How to complete this task:
Please report every line of the listing below that has the word "cases" in it.

=== Given data ===

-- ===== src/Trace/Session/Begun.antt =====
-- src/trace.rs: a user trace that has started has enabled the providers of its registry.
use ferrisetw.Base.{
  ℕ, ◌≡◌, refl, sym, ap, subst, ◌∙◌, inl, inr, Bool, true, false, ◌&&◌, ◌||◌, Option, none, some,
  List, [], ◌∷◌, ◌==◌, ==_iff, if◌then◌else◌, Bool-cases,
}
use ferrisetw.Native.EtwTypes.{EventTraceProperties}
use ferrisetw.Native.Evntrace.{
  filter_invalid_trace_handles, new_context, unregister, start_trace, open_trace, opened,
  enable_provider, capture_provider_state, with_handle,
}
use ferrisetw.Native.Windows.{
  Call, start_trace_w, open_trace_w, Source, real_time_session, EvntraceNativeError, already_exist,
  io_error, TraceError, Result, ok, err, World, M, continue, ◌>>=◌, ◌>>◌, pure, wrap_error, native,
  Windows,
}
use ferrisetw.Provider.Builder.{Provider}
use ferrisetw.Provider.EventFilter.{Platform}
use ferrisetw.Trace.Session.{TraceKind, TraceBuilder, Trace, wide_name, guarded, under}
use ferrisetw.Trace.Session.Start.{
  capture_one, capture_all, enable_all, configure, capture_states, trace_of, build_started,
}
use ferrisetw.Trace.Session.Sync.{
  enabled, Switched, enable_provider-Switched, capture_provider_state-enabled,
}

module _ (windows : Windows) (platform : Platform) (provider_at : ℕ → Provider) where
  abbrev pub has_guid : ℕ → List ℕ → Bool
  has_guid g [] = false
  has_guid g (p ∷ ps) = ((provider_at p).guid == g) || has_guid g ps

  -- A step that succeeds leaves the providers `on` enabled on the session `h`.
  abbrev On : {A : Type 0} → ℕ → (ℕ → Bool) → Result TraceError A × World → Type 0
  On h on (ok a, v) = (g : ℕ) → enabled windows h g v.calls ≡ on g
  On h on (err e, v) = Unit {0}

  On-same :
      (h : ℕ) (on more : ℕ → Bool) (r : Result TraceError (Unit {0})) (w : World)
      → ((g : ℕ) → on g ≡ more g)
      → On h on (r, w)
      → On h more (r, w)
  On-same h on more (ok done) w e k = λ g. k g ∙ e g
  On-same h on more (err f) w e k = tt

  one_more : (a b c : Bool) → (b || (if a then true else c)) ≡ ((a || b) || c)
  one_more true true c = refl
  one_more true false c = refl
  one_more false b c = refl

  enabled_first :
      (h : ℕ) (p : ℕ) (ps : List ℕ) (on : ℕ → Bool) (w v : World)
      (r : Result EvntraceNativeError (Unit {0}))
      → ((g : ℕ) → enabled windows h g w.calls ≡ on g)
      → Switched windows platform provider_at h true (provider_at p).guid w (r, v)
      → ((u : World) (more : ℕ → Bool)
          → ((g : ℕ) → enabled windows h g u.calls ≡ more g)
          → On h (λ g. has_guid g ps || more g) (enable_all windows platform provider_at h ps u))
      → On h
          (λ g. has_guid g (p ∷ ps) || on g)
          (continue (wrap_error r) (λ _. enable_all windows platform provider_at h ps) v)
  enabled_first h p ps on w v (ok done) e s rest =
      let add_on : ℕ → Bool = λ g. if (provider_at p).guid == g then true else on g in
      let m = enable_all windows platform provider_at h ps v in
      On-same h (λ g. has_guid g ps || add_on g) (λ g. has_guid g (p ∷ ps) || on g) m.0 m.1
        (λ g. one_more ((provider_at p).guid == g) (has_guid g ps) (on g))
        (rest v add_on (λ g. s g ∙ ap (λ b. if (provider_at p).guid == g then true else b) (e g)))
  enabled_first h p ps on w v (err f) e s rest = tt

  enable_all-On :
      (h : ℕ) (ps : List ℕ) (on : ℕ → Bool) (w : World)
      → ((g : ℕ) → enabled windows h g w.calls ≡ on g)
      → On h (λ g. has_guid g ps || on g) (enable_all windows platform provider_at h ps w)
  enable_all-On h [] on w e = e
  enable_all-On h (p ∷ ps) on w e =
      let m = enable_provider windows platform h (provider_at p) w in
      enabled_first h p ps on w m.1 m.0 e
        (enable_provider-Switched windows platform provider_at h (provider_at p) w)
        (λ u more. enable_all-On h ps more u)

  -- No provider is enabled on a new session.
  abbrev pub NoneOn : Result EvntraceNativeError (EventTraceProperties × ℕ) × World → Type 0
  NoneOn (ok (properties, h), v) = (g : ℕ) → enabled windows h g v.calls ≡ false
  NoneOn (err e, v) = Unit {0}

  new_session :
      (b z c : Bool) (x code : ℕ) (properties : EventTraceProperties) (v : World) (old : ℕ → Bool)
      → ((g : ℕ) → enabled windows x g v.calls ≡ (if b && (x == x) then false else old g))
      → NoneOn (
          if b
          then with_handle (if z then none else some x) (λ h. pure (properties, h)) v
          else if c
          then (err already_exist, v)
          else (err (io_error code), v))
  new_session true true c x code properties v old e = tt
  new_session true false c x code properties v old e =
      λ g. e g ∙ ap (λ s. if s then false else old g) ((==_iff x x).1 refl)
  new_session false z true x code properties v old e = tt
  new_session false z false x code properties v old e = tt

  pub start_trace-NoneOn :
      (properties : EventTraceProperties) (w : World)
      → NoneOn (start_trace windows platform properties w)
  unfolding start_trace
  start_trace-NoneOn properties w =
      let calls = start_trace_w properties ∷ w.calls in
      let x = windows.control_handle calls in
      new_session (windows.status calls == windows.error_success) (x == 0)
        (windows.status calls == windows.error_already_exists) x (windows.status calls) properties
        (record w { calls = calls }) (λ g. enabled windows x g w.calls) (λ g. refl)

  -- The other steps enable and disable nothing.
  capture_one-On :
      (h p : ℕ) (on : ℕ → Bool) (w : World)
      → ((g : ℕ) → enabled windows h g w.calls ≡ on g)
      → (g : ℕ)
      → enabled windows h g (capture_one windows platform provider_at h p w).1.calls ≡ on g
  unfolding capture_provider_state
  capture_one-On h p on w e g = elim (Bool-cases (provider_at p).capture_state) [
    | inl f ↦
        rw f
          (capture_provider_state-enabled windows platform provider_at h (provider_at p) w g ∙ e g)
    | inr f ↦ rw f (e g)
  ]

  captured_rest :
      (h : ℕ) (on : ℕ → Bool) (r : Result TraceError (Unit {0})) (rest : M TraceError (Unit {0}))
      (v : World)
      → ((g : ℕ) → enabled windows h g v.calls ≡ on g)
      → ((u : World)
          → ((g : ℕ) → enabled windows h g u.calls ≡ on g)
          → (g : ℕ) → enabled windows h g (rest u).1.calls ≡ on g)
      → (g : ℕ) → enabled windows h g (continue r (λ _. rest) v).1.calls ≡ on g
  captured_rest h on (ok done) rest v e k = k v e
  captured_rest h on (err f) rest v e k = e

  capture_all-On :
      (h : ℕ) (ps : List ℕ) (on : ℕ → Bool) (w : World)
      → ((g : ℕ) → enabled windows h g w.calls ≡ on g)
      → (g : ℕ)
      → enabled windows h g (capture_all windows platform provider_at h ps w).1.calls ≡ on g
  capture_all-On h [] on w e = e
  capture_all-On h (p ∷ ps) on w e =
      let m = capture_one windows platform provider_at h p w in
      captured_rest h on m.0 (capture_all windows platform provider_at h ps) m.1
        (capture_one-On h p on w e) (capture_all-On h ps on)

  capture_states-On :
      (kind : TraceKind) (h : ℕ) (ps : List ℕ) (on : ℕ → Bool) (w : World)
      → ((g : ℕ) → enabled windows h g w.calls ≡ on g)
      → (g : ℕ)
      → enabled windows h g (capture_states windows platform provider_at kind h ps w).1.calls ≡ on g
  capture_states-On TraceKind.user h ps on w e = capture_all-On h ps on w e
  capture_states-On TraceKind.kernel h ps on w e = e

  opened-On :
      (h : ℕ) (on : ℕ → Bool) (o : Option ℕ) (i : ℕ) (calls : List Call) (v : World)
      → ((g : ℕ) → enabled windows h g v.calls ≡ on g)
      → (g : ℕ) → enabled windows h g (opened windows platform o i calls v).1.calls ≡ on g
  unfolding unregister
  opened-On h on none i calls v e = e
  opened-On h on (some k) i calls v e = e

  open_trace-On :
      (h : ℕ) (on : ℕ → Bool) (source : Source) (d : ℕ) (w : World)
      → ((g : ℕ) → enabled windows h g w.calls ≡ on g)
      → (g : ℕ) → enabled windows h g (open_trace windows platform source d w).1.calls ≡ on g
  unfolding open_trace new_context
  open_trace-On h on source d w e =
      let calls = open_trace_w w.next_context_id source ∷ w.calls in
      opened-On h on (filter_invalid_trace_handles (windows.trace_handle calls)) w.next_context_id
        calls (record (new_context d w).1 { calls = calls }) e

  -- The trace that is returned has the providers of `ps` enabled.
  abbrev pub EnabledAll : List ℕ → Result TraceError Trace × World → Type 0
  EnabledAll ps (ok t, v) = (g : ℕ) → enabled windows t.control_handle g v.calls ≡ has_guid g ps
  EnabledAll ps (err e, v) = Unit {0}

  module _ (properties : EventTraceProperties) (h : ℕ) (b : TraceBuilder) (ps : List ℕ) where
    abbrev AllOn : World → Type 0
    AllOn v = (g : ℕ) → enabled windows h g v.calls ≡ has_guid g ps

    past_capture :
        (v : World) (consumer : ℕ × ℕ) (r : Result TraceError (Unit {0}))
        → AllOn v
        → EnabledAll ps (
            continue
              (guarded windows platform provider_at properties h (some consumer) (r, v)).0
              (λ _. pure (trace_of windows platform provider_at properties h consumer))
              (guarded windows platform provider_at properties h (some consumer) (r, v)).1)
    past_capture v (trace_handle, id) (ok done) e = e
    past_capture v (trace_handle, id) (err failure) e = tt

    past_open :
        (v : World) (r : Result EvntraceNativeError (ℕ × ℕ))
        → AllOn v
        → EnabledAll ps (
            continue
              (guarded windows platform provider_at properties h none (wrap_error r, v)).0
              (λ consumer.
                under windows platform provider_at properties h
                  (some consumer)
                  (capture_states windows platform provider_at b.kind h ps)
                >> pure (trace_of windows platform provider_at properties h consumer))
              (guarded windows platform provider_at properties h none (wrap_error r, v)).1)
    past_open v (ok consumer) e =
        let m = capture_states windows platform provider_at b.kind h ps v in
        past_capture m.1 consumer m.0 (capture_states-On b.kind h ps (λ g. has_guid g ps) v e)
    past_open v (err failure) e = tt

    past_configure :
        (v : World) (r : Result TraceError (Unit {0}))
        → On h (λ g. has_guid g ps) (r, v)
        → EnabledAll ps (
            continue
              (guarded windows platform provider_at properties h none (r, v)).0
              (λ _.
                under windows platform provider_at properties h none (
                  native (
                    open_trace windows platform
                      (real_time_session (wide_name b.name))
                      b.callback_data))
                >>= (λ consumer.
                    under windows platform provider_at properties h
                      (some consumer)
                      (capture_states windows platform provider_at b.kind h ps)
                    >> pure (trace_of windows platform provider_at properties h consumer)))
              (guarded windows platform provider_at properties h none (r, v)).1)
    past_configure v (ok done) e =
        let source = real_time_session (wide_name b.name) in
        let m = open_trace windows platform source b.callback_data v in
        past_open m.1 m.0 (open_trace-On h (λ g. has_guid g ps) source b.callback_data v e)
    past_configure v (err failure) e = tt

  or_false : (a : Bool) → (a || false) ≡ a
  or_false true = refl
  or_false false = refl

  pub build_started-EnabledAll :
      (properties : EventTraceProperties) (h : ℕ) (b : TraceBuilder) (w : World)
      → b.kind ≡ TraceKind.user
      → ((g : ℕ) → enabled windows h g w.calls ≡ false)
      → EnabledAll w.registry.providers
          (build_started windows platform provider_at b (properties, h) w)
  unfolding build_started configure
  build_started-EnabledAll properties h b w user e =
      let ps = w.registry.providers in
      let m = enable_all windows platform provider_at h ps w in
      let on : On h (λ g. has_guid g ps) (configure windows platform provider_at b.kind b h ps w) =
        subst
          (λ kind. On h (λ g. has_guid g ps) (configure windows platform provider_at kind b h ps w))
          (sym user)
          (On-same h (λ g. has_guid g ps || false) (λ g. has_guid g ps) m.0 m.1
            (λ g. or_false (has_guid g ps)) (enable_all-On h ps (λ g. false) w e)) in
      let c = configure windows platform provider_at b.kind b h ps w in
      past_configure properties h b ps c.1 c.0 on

===

Response:
  List, [], ◌∷◌, ◌==◌, ==_iff, if◌then◌else◌, Bool-cases,
  capture_one-On h p on w e g = elim (Bool-cases (provider_at p).capture_state) [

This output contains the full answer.